On the second to last day of 1936, the year-old United Auto Workers launched a sit-down strike at a General Motors facility in Flint, Michigan, demanding raises for the workers and recognition of the UAW as the authorized body for collective bargaining. The strike eventually succeeded, forcing GM to recognize the UAW and swelling organized labor’s ranks. It was a pivotal battle in the fight to unionize the American workforce. The Nation covered the episode early in 1937 with “Detroit Digs In,” by Edward Levinson, the labor editor of the New York Post who was later hired as publicist for the UAW itself.
The future of the Committee for Industrial Organization, most hopeful development in the history of the American labor movement, lies in the hands of the sitdown strikers who have occupied Fisher Body Plant No. 1 at Flint, Michigan….

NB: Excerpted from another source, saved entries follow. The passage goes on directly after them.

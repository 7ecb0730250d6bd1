-- ===== src/Validator/Entry.antt =====
-- The result of `ValidateEntry`.
use opkssh.Base.{
  ℕ, Bool, true, false, not, ◌||◌, List, [], ◌∷◌, ◌≡◌, inl, inr, refl, arith, Option, none, some,
  Str, str, ◌==◌, str_eq, str_beq_iff, if◌then◌else◌, Option-cases, any, ◌∙◌, length,
}
use opkssh.Text.{has_prefix, has_suffix}
use opkssh.Validator.{
  ValidationStatus, success, warning, error, ProvidersRow, IssuerMap, lookup_issuer, insert_issuer,
  add_rows, new_policy_validator, validate_entry,
}

abbrev is_some {ℓ} : {A : Type ℓ} → Option A → Bool
is_some none = false
is_some (some a) = true

lookup-insert_issuer :
    (j k : Str) (row : ProvidersRow) (m : IssuerMap)
    → lookup_issuer j (insert_issuer k row m) ≡ (if k == j then some row else lookup_issuer j m)
unfolding lookup_issuer insert_issuer
lookup-insert_issuer j k row [] = refl
lookup-insert_issuer j k row ((i, old) ∷ m) =
    ground
      (arith, str_beq_iff i k, str_beq_iff i j, str_beq_iff k j, lookup-insert_issuer j k row m)

abbrev has_issuer : Str → List ProvidersRow → Bool
has_issuer issuer = any (λ (row : ProvidersRow). row.issuer == issuer)

add_rows_known :
    (issuer : Str) (rows : List ProvidersRow) (m : IssuerMap)
    → is_some (lookup_issuer issuer (add_rows m rows))
      ≡ (has_issuer issuer rows || is_some (lookup_issuer issuer m))
unfolding add_rows
add_rows_known issuer [] m = refl
add_rows_known issuer (row ∷ rows) m =
    add_rows_known issuer rows (insert_issuer row.issuer row m)
    ∙ ground (arith, lookup-insert_issuer issuer row.issuer row m)

known :
    (issuer : Str) (rows : List ProvidersRow)
    → is_some (lookup_issuer issuer (new_policy_validator rows)) ≡ has_issuer issuer rows
unfolding new_policy_validator lookup_issuer
known issuer rows = add_rows_known issuer rows [] ∙ ground arith

-- The status as the providers and the issuer determine it.
abbrev pub expected_status : List ProvidersRow → Str → ValidationStatus
expected_status rows issuer =
    if issuer == [] || (not (has_issuer issuer rows) || has_suffix issuer (str "/"))
    then error
    else if has_prefix issuer (str "https://")
    then success
    else warning

module _ (rows : List ProvidersRow) (principal identity issuer : Str) (line : ℕ) where
  -- A row is an error if its issuer is empty, is that of no provider or ends in a slash. Otherwise
  -- it is a success with https and a warning without. Where there is something to do, there is
  -- exactly one hint, except for an empty issuer, which has none.
  pub validate_entry_status :
      let r = validate_entry (new_policy_validator rows) principal identity issuer line in
      (r.status ≡ expected_status rows issuer)
      × (length r.hints ≡ (if issuer == [] then 0 else elim r.status [ success ↦ 0 | _ ↦ 1 ]))
      × (r.line_number ≡ line)
  unfolding validate_entry
  validate_entry_status = elim (Option-cases (lookup_issuer issuer (new_policy_validator rows))) [
    | inl e ↦ (ground (arith, known issuer rows), ground arith, ground arith)
    | inr (row, e) ↦ (ground (arith, known issuer rows), ground arith, ground arith)
  ]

Attention has been shifted from the scattered front-line trenches to union and corporation general headquarters in Detroit. The first week of the strike has been marked by the total failure of peace efforts; the negotiations have served chiefly to clarify the issues in the conflict and to reveal the determination of both sides. The union is ready now to sit down and bargain for an agreement. The corporation insists, however, that the five occupied plants—in Flint, Cleveland, Detroit and Anderson—must first be evacuated. In other words, they are asking the union to surrender its arms and then resume the war….
Passing from the lofty stability of the General Motors building in Detroit to the tense but calm offices of the baby union which has tied up the giant corporation, one thinks constantly of the men in Flint’s Fisher Body Plant No. 1. Police and kitchen committees, runners to the union headquarters, strike and executive committees, and a general assembly every afternoon at four have placed the destiny of the strike in the hands of the rank and file. Leaders are verbally slow but mentally clear. Rank-and-file cooperation has made the “chief of police” the best loved man in the plant. There is no grumbling, although the men have been in the plant for eleven days and nights. Wives come to the windows to pass in laundry and food, which goes immediately into the general commissary. Women may not enter, but children may be passed through the windows for brief visits with their fathers. Every night at eight the strikers’ band of three guitars, a violin, a mouth organ, and a squeeze box broadcast over a loud-speaker for the strikers and the women and children outside. Spirituals and hill-billy songs fill out the program, which closes with “Solidarity Forever.”